Тогда же состоялось первое посещение врача. Меня привела к ней та же сестра-хозяйка, оказавшаяся и ее помощницей — Нина Пономарева, молоденькая, хрупкая и ласковая ленинградка. Когда я смог ее рассмотреть, то понял, что если она и не моя ровесница, то может старше не более чем на год. С первых минут нашего знакомства у нас установились доверительные отношения, закончившиеся совершенно неожиданным поворотом в моей военной судьбе.

Врач разбинтовала глаза, оторвала от век присохшие тампоны и велела смотреть на нее. Левый глаз ничего не видел, только свет, можно было только понять, что сейчас день, а не ночь. Правым я разглядел перед собой силуэт женщины в белом халате. Подставив под глаза какое-то корытце, она промыла их, закапала лекарством, опять перевязала и велела лежать без лишних движений целые сутки, пообещав прогноз сделать позже.

На третьем или четвертом приеме врач сказала, что все идет нормально и полноценное зрение сохранится, но надо подлечить. Разговорились с ней и оказалось, что в 1935 году она окончила мединститут в Днепропетровске, вроде бы земляки. Вдруг увидев на моей шее золотую цепочку, попросила показать. Долго с интересом рассматривала и наконец не выдержала:

— Я не знаю, где ты это взял, но думаю, что это не из фамильного наследия. Подари ее мне, я ведь лечу тебя и у тебя есть повод. На фронт поедешь, убить могут, закопают и пропадет, а жив останешься, достанешь себе еще.

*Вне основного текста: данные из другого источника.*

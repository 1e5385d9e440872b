-- ===== src/Lab/Engine/Lookahead.antt =====
-- main.py: no look-ahead. Apart from whether a bar closes where it opened, its prices decide the result
-- of a trade, and never whether it is made, which way it goes, or how much it stakes.
use quantconnect.Prelude.{
  ℕ, ◌≡◌, refl, sym, ap, subst, ◌∙◌, Bool, true, false, inl, inr, Option, none, some, String, arith,
  Bool-cases, Result, ok, err, ◌>>=◌, >>=-eq-ok, ok-injective, if◌then◌else◌,
}
use quantconnect.Num.{Num}
use quantconnect.Lab.Market.{Direction, Bar, before_day}
use quantconnect.Lab.Stake.{StakeModel, get_wager}
use quantconnect.Lab.Risk.{RiskTracker, can_place_wager}
use quantconnect.Lab.Stats.{
  StatsTracker, MarketRegime, record_bar, record_ruined_skip, record_executed, record_trade_result,
}
use quantconnect.Lab.Entry.{EntryModel, get_direction}
use quantconnect.Lab.Filter.{is_ready, filter_update, filter_telemetry}
use quantconnect.Lab.Engine.Decision.{answer-get_direction, trade_bar-Decision}
use quantconnect.Lab.Engine.{Engine, warm_up, ask_filter, place, decide, trade_bar, on_bar}

module _ {N : Num} where
  -- Every model gives one answer, whatever the current bar is: of two calls that return, on any two
  -- bars, the directions are the same.
  pub get_direction_no_lookahead :
      (m : EntryModel N) (bar other : Bar N) (out out' : Option Direction × EntryModel N)
      → get_direction N m bar ≡ ok out
      → get_direction N m other ≡ ok out'
      → out.0 ≡ out'.0
  get_direction_no_lookahead m bar other out out' h k =
      cc (answer-get_direction m bar out h, answer-get_direction m other out' k)

  -- What two runs have in common that made the same decision with the same stake.
  pub record SameTrade (s s' : StatsTracker N) : Type 0 where
    pub seen : s.bars_seen ≡ s'.bars_seen
    pub generated : s.signals_generated ≡ s'.signals_generated
    pub up_seen : s.up_signals ≡ s'.up_signals
    pub down_seen : s.down_signals ≡ s'.down_signals
    pub executed : s.signals_executed ≡ s'.signals_executed
    pub ups : s.up_executed ≡ s'.up_executed
    pub downs : s.down_executed ≡ s'.down_executed
    pub staked : s.total_wagered ≡ s'.total_wagered
    pub largest : s.max_wager_seen ≡ s'.max_wager_seen

  SameTrade-refl : (s : StatsTracker N) → SameTrade s s
  SameTrade-refl s = record {
    seen = refl;
    generated = refl;
    up_seen = refl;
    down_seen = refl;
    executed = refl;
    ups = refl;
    downs = refl;
    staked = refl;
    largest = refl;
  }

  result_same :
      (s : StatsTracker N) (d : Direction) (won won' : Bool) (wager : N.F) (level : ℕ)
      (regime : String) (market : MarketRegime)
      → SameTrade
          (record_trade_result N s d won wager level regime market)
          (record_trade_result N s d won' wager level regime market)
  unfolding record_trade_result
  result_same s d won won' wager level regime market = record {
    seen = refl;
    generated = refl;
    up_seen = refl;
    down_seen = refl;
    executed = refl;
    ups = refl;
    downs = refl;
    staked = refl;
    largest = refl;
  }

  module _ (r : RiskTracker N) (stake : StakeModel N) (martingale : Bool) (bar other : Bar N)
      (time : ℕ) (regime : String) (market : MarketRegime) where
    place_same :
        (s : StatsTracker N) (wager : N.F) (d : Direction)
        → SameTrade
            (place N r s wager martingale bar time d regime market).1
            (place N r s wager martingale other time d regime market).1
    unfolding place can_place_wager
    place_same s wager d = elim (Bool-cases (N.lt r.bankroll wager)) [
      | inl short ↦ rw short (SameTrade-refl s)
      | inr covers ↦
          rw covers (result_same (record_executed N s d) d _ _ wager r.loss_step regime market)
    ]

    both_same :
        (a b out out' : RiskTracker N × StatsTracker N)
        → SameTrade a.1 b.1
        → ok a ≡ ok out
        → ok b ≡ ok out'
        → SameTrade out.1 out'.1
    both_same a b out out' same h k =
        subst (λ (o : RiskTracker N × StatsTracker N). SameTrade o.1 out'.1) (ok-injective h)
          (subst (λ (o : RiskTracker N × StatsTracker N). SameTrade a.1 o.1) (ok-injective k) same)

    wager_same :
        (s : StatsTracker N) (d : Direction) (wager : Result N.F)
        (out out' : RiskTracker N × StatsTracker N)
        → (wager >>= λ w. ok (place N r s w martingale bar time d regime market)) ≡ ok out
        → (wager >>= λ w. ok (place N r s w martingale other time d regime market)) ≡ ok out'
        → SameTrade out.1 out'.1
    wager_same s d (err x) out out' h k = absurd (let no = h in cc)
    wager_same s d (ok w) out out' h k = both_same _ _ out out' (place_same s w d) h k

    decide_same :
        (s : StatsTracker N) (direction : Option Direction) (ready allowed : Bool)
        (telemetry : Option N.F) (out out' : RiskTracker N × StatsTracker N)
        → N.eq bar.close bar.open_price ≡ N.eq other.close other.open_price
        → decide N r s stake martingale bar time direction ready allowed telemetry regime market
          ≡ ok out
        → decide N r s stake martingale other time direction ready allowed telemetry regime market
          ≡ ok out'
        → SameTrade out.1 out'.1
    unfolding decide
    decide_same s none ready allowed telemetry out out' h p q =
        both_same _ _ out out' (SameTrade-refl _) p q
    decide_same s (some d) false allowed telemetry out out' h p q =
        both_same _ _ out out' (SameTrade-refl _) p q
    decide_same s (some d) true false telemetry out out' h p q =
        both_same _ _ out out' (SameTrade-refl _) p q
    decide_same s (some d) true true telemetry out out' h p q =
        elim (Bool-cases (N.eq other.close other.open_price)) [
          | inl tie ↦ both_same _ _ out out' (SameTrade-refl _) (rw (h ∙ tie) at p) (rw tie at q)
          | inr moved ↦
              wager_same _ d (get_wager N stake r.loss_step) out out' (rw (h ∙ moved) at p)
                (rw moved at q)
        ]

  trade_bar_same :
      (e : Engine N) (bar other : Bar N) (time : ℕ) (e1 e2 : Engine N)
      → N.eq bar.close bar.open_price ≡ N.eq other.close other.open_price
      → trade_bar N e bar time ≡ ok e1
      → trade_bar N e other time ≡ ok e2
      → SameTrade e1.stats e2.stats
  trade_bar_same e bar other time e1 e2 tie h k =
      let a = trade_bar-Decision e bar time e1 h in
      let b = trade_bar-Decision e other time e2 k in
      let d : a.direction ≡ b.direction = ok-injective (sym a.answered ∙ b.answered) in
      let asked : ask_filter N e.filter_model a.direction (is_ready N e.filter_model)
          ≡ ok b.allowed =
        ap (λ x. ask_filter N e.filter_model x (is_ready N e.filter_model)) d ∙ b.asked in
      let al : a.allowed ≡ b.allowed = ok-injective (sym a.asked ∙ asked) in
      let rg : a.regime ≡ b.regime = ok-injective (sym a.named ∙ b.named) in
      let mk : a.market ≡ b.market = ok-injective (sym a.observed ∙ b.observed) in
      let decided : decide N e.risk e.stats e.stake_model e.is_martingale other time a.direction
            (is_ready N e.filter_model) a.allowed (filter_telemetry N e.filter_model) a.regime
            a.market
          ≡ ok b.decided =
        cc (b.decided_by, d, al, rg, mk) in
      let same : SameTrade a.decided.1 b.decided.1 =
        decide_same e.risk e.stake_model e.is_martingale bar other time a.regime a.market e.stats
          a.direction (is_ready N e.filter_model) a.allowed (filter_telemetry N e.filter_model)
          a.decided b.decided tie a.decided_by decided in
      subst (λ s. SameTrade e1.stats s) (sym b.stats_after)
        (subst (λ s. SameTrade s b.decided.1) (sym a.stats_after) same)

  same_day :
      (bar other : Bar N) (e : Engine N)
      → (bar.year ≡ other.year) × (bar.month ≡ other.month) × (bar.day ≡ other.day)
      → before_day N bar e.start_year e.start_month e.start_day
        ≡ before_day N other e.start_year e.start_month e.start_day
  same_day bar other e day = ground arith

  warm_up_stats :
      (e : Engine N) (bar : Bar N) (e' : Engine N) → warm_up N e bar ≡ ok e' → e'.stats ≡ e.stats
  unfolding warm_up
  warm_up_stats e bar e' h =
      let (answered, a, h1) = >>=-eq-ok (get_direction N e.entry_model bar) _ h in
      let (model, f, h2) = >>=-eq-ok (filter_update N e.filter_model bar) _ h1 in
      sym (ap (λ (x : Engine N). x.stats) (ok-injective h2))

  warm_up_same :
      (e : Engine N) (bar other : Bar N) (e1 e2 : Engine N)
      → warm_up N e bar ≡ ok e1
      → warm_up N e other ≡ ok e2
      → SameTrade e1.stats e2.stats
  warm_up_same e bar other e1 e2 h k =
      subst (λ s. SameTrade e1.stats s)
        (warm_up_stats e bar e1 h ∙ sym (warm_up_stats e other e2 k)) (SameTrade-refl e1.stats)

  -- The handler on a bar of the evaluation.
  abbrev counted : Engine N → Bar N → ℕ → Result (Engine N)
  counted e bar time =
      let seen = record e { stats = record_bar N e.stats } in
      if e.risk.ruined
      then ok (record seen { stats = record_ruined_skip N seen.stats })
      else trade_bar N seen bar time

  counted_same :
      (e : Engine N) (bar other : Bar N) (time : ℕ) (e1 e2 : Engine N)
      → N.eq bar.close bar.open_price ≡ N.eq other.close other.open_price
      → counted e bar time ≡ ok e1
      → counted e other time ≡ ok e2
      → SameTrade e1.stats e2.stats
  counted_same e bar other time e1 e2 tie h k = by_ruin e.risk.ruined h k
    where
      seen : Engine N
      seen = record e { stats = record_bar N e.stats }

      skipped : Result (Engine N)
      skipped = ok (record seen { stats = record_ruined_skip N seen.stats })

      by_ruin :
          (ruined : Bool)
          → (if ruined then skipped else trade_bar N seen bar time) ≡ ok e1
          → (if ruined then skipped else trade_bar N seen other time) ≡ ok e2
          → SameTrade e1.stats e2.stats
      by_ruin true h k =
          subst (λ (x : Engine N). SameTrade e1.stats x.stats) (ok-injective (sym h ∙ k))
            (SameTrade-refl e1.stats)
      by_ruin false h k = trade_bar_same seen bar other time e1 e2 tie h k

  -- No look-ahead: of two bars of one day that both close where they opened, or both do not, the
  -- handler makes the same decision from one state, where it returns on each: the counts of signals
  -- and of trades, in each direction, the sum of the stakes and the largest one are the same,
  -- whatever the prices are.
  pub on_bar_no_lookahead :
      (e : Engine N) (bar other : Bar N) (time : ℕ) (e1 e2 : Engine N)
      → (bar.year ≡ other.year) × (bar.month ≡ other.month) × (bar.day ≡ other.day)
      → N.eq bar.close bar.open_price ≡ N.eq other.close other.open_price
      → on_bar N e bar time ≡ ok e1
      → on_bar N e other time ≡ ok e2
      → SameTrade e1.stats e2.stats
  unfolding on_bar
  on_bar_no_lookahead e bar other time e1 e2 day tie h k =
      elim (Bool-cases (before_day N bar e.start_year e.start_month e.start_day)) [
        | inl early ↦
            warm_up_same e bar other e1 e2 (rw early at h)
              (rw (sym (same_day bar other e day) ∙ early) at k)
        | inr counts ↦
            counted_same e bar other time e1 e2 tie (rw counts at h)
              (rw (sym (same_day bar other e day) ∙ counts) at k)
      ]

Медсестра, стоявшая у меня за спиной, выскочила из кабинета, а я поняв, что со мною говорят как с мародером, отупело молчал, не зная что ответить, наконец, собравшись, забрал медальон и вышел, пообещав подумать.

На лестничной площадке встретил Нину, она увела меня в освободившуюся двухместную офицерскую палату, мы уселись с ней на железных кроватях друг напротив друга и долго молчали.

— Знаешь, я была в блокадном Ленинграде и работала санитаркой в госпитале, этим и спаслась. Мои родители с двумя младшими сестренками уехали и их по дороге разбомбили. Они погибли. Насмотрелась я там такого, что тебе и во сне не увидеть. И теперь вижу много такого, что рассказывать просто нельзя. Страшно. Отдай ты ей эти проклятые цацки, не думаю, что они тебе очень дороги. Все равно отберут и с большими для тебя неприятностями, ты здесь не первый такой, да и врач твоя не самая плохая.